I have no intentions of gaining weight or going into any program, ever.
This means my time with them is limited. Maybe a few months more. And then I won’t have a treatment team anymore.
I didn’t realize there was a size requirement for treatment.
This sucks. How is this helpful for me? How does taking away treatment help me? I don’t see the point.
I have been with Dr P since 2001. Eight years. I have been with my therapist since last October or so. I may have my disagreements with them, but I’m fond of both of them.
I told my therapist that I have no intentions of gaining weight or going to a reverse fat farm (I didn’t put it that way) and that it will be very sad to say goodbye to her.
What a waste. What a waste of a relationship. I got along with them just fine and now they want to end it. It is their idea to end it, not mine.

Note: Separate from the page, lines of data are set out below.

module _ {F : Type 0} (fl : Floats F) where
  -- A number is within the bounds that the field declares.
  pub record InRange (f : ConnectionField F) (n : F) : Type 0 where
    pub low : (m : F) → f.min ≡ some m → fl.lt n m ≡ false
    pub high : (m : F) → f.max ≡ some m → fl.lt m n ≡ false

  -- A value has the type that the field declares.
  pub data HasType (f : ConnectionField F) : Value F → Type 0 where
    text : {s : String} → f.type ≡ "string" → HasType f (string s)
    flag : {b : Bool} → f.type ≡ "boolean" → HasType f (bool b)
    quantity : {k : NumberKind} {n : F} → f.type ≡ "number" → InRange f n → HasType f (number k n)
    choice : {s : String} → f.type ≡ "enum" → contains f.options s ≡ true → HasType f (string s)
    unchecked :
        {v : Value F}
        → f.type ≢ "string"
        → f.type ≢ "boolean"
        → f.type ≢ "number"
        → f.type ≢ "enum"
        → HasType f v

  -- The field may be left out: it is optional, or a credential where those may be left out.
  abbrev pub MayOmit : Bool → ConnectionField F → Type 0
  MayOmit require_secrets f = (f.required ≡ false) ⊎ ((require_secrets ≡ false) × (f.secret ≡ true))

  pub data FieldConforms (rs : Bool) (values : Dict (Value F)) (f : ConnectionField F)
      : Type 0 where
    idle : applies f values ≡ false → FieldConforms rs values f
    blank :
        applies f values ≡ true
        → is_blank (lookup f.name values) ≡ true
        → MayOmit rs f
        → FieldConforms rs values f
    filled :
        {v : Value F}
        → applies f values ≡ true
        → lookup f.name values ≡ some v
        → is_blank (some v) ≡ false
        → HasType f v
        → FieldConforms rs values f

  number_sound :
      (f : ConnectionField F) (n : F) → validate_number fl f (some n) ≡ none → InRange f n
  unfolding validate_number below_min above_max
  number_sound f n h = record { low = λ m e. ground arith; high = λ m e. ground arith }

  number_complete :
      (f : ConnectionField F) (n : F) → InRange f n → validate_number fl f (some n) ≡ none
  unfolding validate_number below_min above_max
  number_complete f n r = elim (Option-cases f.min) [
    | inl no_min ↦ elim (Option-cases f.max) [
      | inl no_max ↦ ground arith
      | inr (m, e) ↦ ground (arith, r.high m e)
    ]
    | inr (l, d) ↦ elim (Option-cases f.max) [
      | inl no_max ↦ ground (arith, r.low l d)
      | inr (m, e) ↦ ground (arith, r.low l d, r.high m e)
    ]
  ]

  string_sound :
      (f : ConnectionField F) (v : Value F)
      → f.type ≡ "string"
      → validate_string fl f v ≡ none
      → HasType f v
  unfolding validate_string
  string_sound f (string s) e h = text e
  string_sound f _ e h = cc

  boolean_sound :
      (f : ConnectionField F) (v : Value F)
      → f.type ≡ "boolean"
      → validate_boolean fl f v ≡ none
      → HasType f v
  unfolding validate_boolean
  boolean_sound f (bool b) e h = flag e
  boolean_sound f _ e h = cc

  enum_sound :
      (f : ConnectionField F) (v : Value F)
      → f.type ≡ "enum"
      → validate_enum fl f v ≡ none
      → HasType f v
  unfolding validate_enum
  enum_sound f (string s) e h = choice e (ground arith)
  enum_sound f _ e h = cc

  number_ne_none : (f : ConnectionField F) → validate_number fl f none ≢ none
  unfolding validate_number
  number_ne_none f h = cc

  quantity_sound :
      (f : ConnectionField F) (v : Value F)
      → f.type ≡ "number"
      → validate_number fl f (to_float v) ≡ none
      → HasType f v
  unfolding to_float
  quantity_sound f (number k n) e h = quantity e (number_sound f n h)
  quantity_sound f _ e h = absurd (number_ne_none f h)

  value_sound :
      (f : ConnectionField F) (v : Value F) → validate_field_value fl f v ≡ none → HasType f v
  unfolding validate_field_value
  value_sound f v h = elim (Bool-cases (f.type == "string")) [
    | inl e ↦ string_sound f v ((eq_iff _ _).0 e) (rw e at h)
    | inr not_string ↦ elim (Bool-cases (f.type == "boolean")) [
      | inl e ↦ boolean_sound f v ((eq_iff _ _).0 e) (rw (not_string, e) at h)
      | inr not_boolean ↦ elim (Bool-cases (f.type == "number")) [
        | inl e ↦ quantity_sound f v ((eq_iff _ _).0 e) (rw (not_string, not_boolean, e) at h)
        | inr not_number ↦ elim (Bool-cases (f.type == "enum")) [
          | inl e ↦
              enum_sound f v ((eq_iff _ _).0 e) (rw (not_string, not_boolean, not_number, e) at h)
          | inr not_enum ↦
              unchecked (test_false_ne _ _ not_string) (test_false_ne _ _ not_boolean)
                (test_false_ne _ _ not_number) (test_false_ne _ _ not_enum)
        ]
      ]
    ]
  ]

  value_complete :
      (f : ConnectionField F) (v : Value F) → HasType f v → validate_field_value fl f v ≡ none
  unfolding validate_field_value validate_string validate_boolean validate_enum to_float
  value_complete f (string s) (text e) = rw e
  value_complete f (bool b) (flag e) = rw e
  value_complete f (number k n) (quantity e r) = simp e (number_complete f n r)
  value_complete f (string s) (choice e m) = rw (e, m)
  value_complete f v (unchecked a b c d) =
      rw (test_ne _ _ a, test_ne _ _ b, test_ne _ _ c, test_ne _ _ d)

  field_sound :
      (rs : Bool) (values : Dict (Value F)) (f : ConnectionField F)
      → check_field fl rs values f ≡ none
      → FieldConforms rs values f
  unfolding check_field is_blank
  field_sound rs values f h = elim (Bool-cases (applies f values)) [
    | inr out ↦ idle out
    | inl on ↦ elim (Option-cases (lookup f.name values)) [
      | inl missing ↦ blank on (rw missing) (ground arith)
      | inr (v, found) ↦ elim (Bool-cases (is_blank (some v))) [
        | inl b ↦ blank on (rw found b) (ground arith)
        | inr b ↦ filled on found b (value_sound f v (ground arith))
      ]
    ]
  ]

  field_complete :
      (rs : Bool) (values : Dict (Value F)) (f : ConnectionField F)
      → FieldConforms rs values f
      → check_field fl rs values f ≡ none
  unfolding check_field
  field_complete rs values f (idle out) = rw out
  field_complete rs values f (blank on b omit) = elim (Option-cases (lookup f.name values)) [
    | inl missing ↦ ground arith
    | inr (v, found) ↦ ground arith
  ]
  field_complete rs values f (filled {v} on found b typed) =
      rw (on, found, b) (value_complete f v typed)

  fields_iff :
      (rs : Bool) (values : Dict (Value F)) (fs : List (ConnectionField F))
      → (check_fields fl rs values fs ≡ none) ↔ All (FieldConforms rs values) fs
  unfolding check_fields
  fields_iff rs values [] = (λ _. tt, λ _. refl)
  fields_iff rs values (f ∷ fs) = elim (Option-cases (check_field fl rs values f)) [
    | inl good ↦ (
      λ h. (
        field_sound rs values f good,
        (fields_iff rs values fs).0 (rw (good, check_fields) at h),
      ),
      λ a. rw (good, check_fields) ((fields_iff rs values fs).1 a.1),
    )
    | inr (e, bad) ↦
        (λ h. cc (rw (bad, check_fields) at h), λ a. cc (bad, field_complete rs values f a.0))
  ]

  -- Every submitted key is a declared field.
  abbrev pub Known : ContractDescriptor F → Dict (Value F) → Type 0
  Known ct values = (key : String) → lookup key values ≢ none → field ct key ≢ none

  keys_sound :
      (ct : ContractDescriptor F) (values : Dict (Value F))
      → check_keys fl ct values ≡ none
      → Known ct values
  unfolding check_keys lookup
  keys_sound ct [] h key there = absurd (there refl)
  keys_sound ct ((k, v) ∷ values) h key there =
      ground (arith, eq_iff k key, keys_sound ct values (ground arith) key)

  keys_complete :
      (ct : ContractDescriptor F) (values : Dict (Value F))
      → Known ct values
      → check_keys fl ct values ≡ none
  unfolding check_keys lookup
  keys_complete ct [] known = refl
  keys_complete ct ((k, v) ∷ values) known =
      ground (arith, eq_iff k k, known k, keys_complete ct values later)
    where
      later : Known ct values
      later key there = known key (ground (arith, eq_iff k key))

  -- The submitted values fit the contract.
  pub record Conforms (rs : Bool) (ct : ContractDescriptor F) (values : Dict (Value F))
      : Type 0 where
    pub known : Known ct values
    pub each : All (FieldConforms rs values) ct.fields

  -- `validate` accepts exactly the values of a known contract that conform to it.
  pub validate_values_iff :
      (c : List (ContractDescriptor F)) (name : String) (values : Dict (Value F)) (rs : Bool)
      → (validate_values fl c name values rs ≡ none)
        ↔ ((ct : ContractDescriptor F) × (get c name ≡ some ct) × Conforms rs ct values)
  unfolding validate_values
  validate_values_iff c name values rs = elim (Option-cases (get c name)) [
    | inl missing ↦ (λ h. cc (rw (missing, validate_values) at h), λ s. cc (missing, s.1))
    | inr (ct, found) ↦ (sound ct found, complete)
  ]
    where
      sound :
          (ct : ContractDescriptor F)
          → get c name ≡ some ct
          → validate_values fl c name values rs ≡ none
          → (d : ContractDescriptor F) × (get c name ≡ some d) × Conforms rs d values
      sound ct found h = (
        ct,
        found,
        record {
          known = keys_sound ct values (ground arith);
          each = (fields_iff rs values ct.fields).0 (ground arith);
        },
      )

      complete :
          (ct : ContractDescriptor F) × (get c name ≡ some ct) × Conforms rs ct values
          → validate_values fl c name values rs ≡ none
      complete (ct, found, k) =
          rw (found, validate_values, keys_complete ct values k.known)
            ((fields_iff rs values ct.fields).1 k.each)

  applies_same :
      (f : ConnectionField F) (a b : Dict (Value F))
      → ((k : String) → lookup k a ≡ lookup k b)
      → applies f a ≡ applies f b
  unfolding applies
  applies_same f a b same = elim (Option-cases f.show_when) [
    | inl always ↦ ground arith
    | inr (condition, on) ↦ ground (arith, same condition.field)
  ]

  FieldConforms-same :
      (rs : Bool) (a b : Dict (Value F)) (f : ConnectionField F)
      → ((k : String) → lookup k a ≡ lookup k b)
      → FieldConforms rs a f
      → FieldConforms rs b f
  FieldConforms-same rs a b f same (idle out) = idle (rw (← applies_same f a b same) out)
  FieldConforms-same rs a b f same (blank on e omit) =
      blank (rw (← applies_same f a b same) on) (rw (← same f.name) e) omit
  FieldConforms-same rs a b f same (filled on found e typed) =
      filled (rw (← applies_same f a b same) on) (sym (same f.name) ∙ found) e typed

  fields_same :
      (rs : Bool) (a b : Dict (Value F)) (fs : List (ConnectionField F))
      → ((k : String) → lookup k a ≡ lookup k b)
      → All (FieldConforms rs a) fs
      → All (FieldConforms rs b) fs
  fields_same rs a b [] same h = tt
  fields_same rs a b (f ∷ fs) same h =
      (FieldConforms-same rs a b f same h.0, fields_same rs a b fs same h.1)

  Conforms-same :
      (rs : Bool) (a b : Dict (Value F)) (ct : ContractDescriptor F)
      → ((k : String) → lookup k a ≡ lookup k b)
      → Conforms rs ct a
      → Conforms rs ct b
  Conforms-same rs a b ct same h = record {
    known = λ key there. h.known key (λ e. there (sym (same key) ∙ e));
    each = fields_same rs a b ct.fields same h.each;
  }

  -- Two representations of one map get the same verdict: the order in which Go ranges over the
  -- submitted values decides at most which problem is reported.
  validate_order :
      (c : List (ContractDescriptor F)) (name : String) (a b : Dict (Value F)) (rs : Bool)
      → ((k : String) → lookup k a ≡ lookup k b)
      → validate_values fl c name a rs ≡ none
      → validate_values fl c name b rs ≡ none
  validate_order c name a b rs same h =
      let (ct, found, k) = (validate_values_iff c name a rs).0 h in
      (validate_values_iff c name b rs).1 (ct, found, Conforms-same rs a b ct same k)

  -- What an edit asks of a credential: that it has its type where it is in play and filled in.
  abbrev pub Typed : Dict (Value F) → ConnectionField F → Type 0
  Typed values f =
      (v : Value F)
      → applies f values ≡ true
      → lookup f.name values ≡ some v
      → is_blank (some v) ≡ false
      → HasType f v

  -- What an edit asks of a field: what a creation asks, or less for a credential.
  abbrev pub FitsEdit : Dict (Value F) → ConnectionField F → Type 0
  FitsEdit values f =
      (f.secret ≡ false → FieldConforms true values f) × (f.secret ≡ true → Typed values f)

  edit_down :
      (values : Dict (Value F)) (f : ConnectionField F)
      → FieldConforms false values f
      → FitsEdit values f
  edit_down values f (idle out) = (λ _. idle out, λ _ v on. cc)
  edit_down values f (blank on b omit) =
      (λ plain. blank on b (ground arith), λ _ v _ at filled. absurd (ground arith))
  edit_down values f (filled {v} on found b typed) = (
    λ _. filled on found b typed,
    λ _ u _ at full. subst (HasType f) (some-injective _ _ (sym found ∙ at)) typed,
  )

  edit_plain :
      (values : Dict (Value F)) (f : ConnectionField F)
      → FieldConforms true values f
      → FieldConforms false values f
  edit_plain values f (idle out) = idle out
  edit_plain values f (blank on b omit) = blank on b (ground arith)
  edit_plain values f (filled on found b typed) = filled on found b typed

  edit_secret :
      (values : Dict (Value F)) (f : ConnectionField F)
      → f.secret ≡ true
      → Typed values f
      → FieldConforms false values f
  unfolding is_blank
  edit_secret values f hidden typed = elim (Bool-cases (applies f values)) [
    | inr out ↦ idle out
    | inl on ↦ elim (Bool-cases (is_blank (lookup f.name values))) [
      | inl b ↦ blank on b (inr (refl, hidden))
      | inr full ↦ elim (Option-cases (lookup f.name values)) [
        | inl missing ↦ absurd (true_ne_false (rw missing at full))
        | inr (v, found) ↦
            let filled_in : is_blank (some v) ≡ false = rw found at full in
            filled on found filled_in (typed v on found filled_in)
      ]
    ]
  ]

  fields_edit_iff :
      (values : Dict (Value F)) (fs : List (ConnectionField F))
      → All (FieldConforms false values) fs ↔ All (FitsEdit values) fs
  fields_edit_iff values [] = (λ _. tt, λ _. tt)
  fields_edit_iff values (f ∷ fs) =
      let later = fields_edit_iff values fs in
      (
        λ h. (edit_down values f h.0, later.0 h.1),
        λ h. (
          elim (Bool-cases f.secret) [
            | inr plain ↦ edit_plain values f (h.0.0 plain)
            | inl hidden ↦ edit_secret values f hidden (h.0.1 hidden)
          ],
          later.1 h.1,
        ),
      )

  -- An edit is accepted exactly when its keys are declared and its fields fit: of a field that is no
  -- credential it asks what a creation asks; of a credential only that it has its type where it is in
  -- play and filled in, so that each credential may be left out.
  pub validate_update_iff :
      (c : List (ContractDescriptor F)) (name : String) (values : Dict (Value F))
      {ct : ContractDescriptor F}
      → get c name ≡ some ct
      → (validate_update fl c name values ≡ none)
        ↔ (Known ct values × All (FitsEdit values) ct.fields)
  unfolding validate_update
  validate_update_iff c name values {ct} found = (
    λ h.
        let (d, found', k) = (validate_values_iff c name values false).0 h in
        let same : d ≡ ct = some-injective _ _ (sym found' ∙ found) in
        let fits : Known d values × All (FitsEdit values) d.fields =
          (k.known, (fields_edit_iff values d.fields).0 k.each) in
        subst (λ e. Known e values × All (FitsEdit values) e.fields) same fits,
    λ h.
        (validate_values_iff c name values false).1
          (ct, found, record { known = h.0; each = (fields_edit_iff values ct.fields).1 h.1 }),
  )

I have support from my friends, which is a good thing, but over the past year I have grown to also trust my therapist. I thought that she would always be there for me. I guess I was wrong. I guess I shouldn’t have trusted her. I guess I shouldn’t have let myself depend on her. I don’t think I can trust another mental health professional after this. This is the worst betrayal.
I guess the very idea that she would drop me, even though she hasn’t dropped me yet, is a disappointment to me. It is like she is testing me. It is like they are trying to make me worse by denying me treatment so that I will go into a hospital.
I have been stable for a long time. I have been happy for a long time. Nothing has gone wrong with me in the psychiatric sense for a long, long time. And by denying me treatment, they are going to upset that balance. Why are they trying to hurt me?
This is a lovely Christmas present.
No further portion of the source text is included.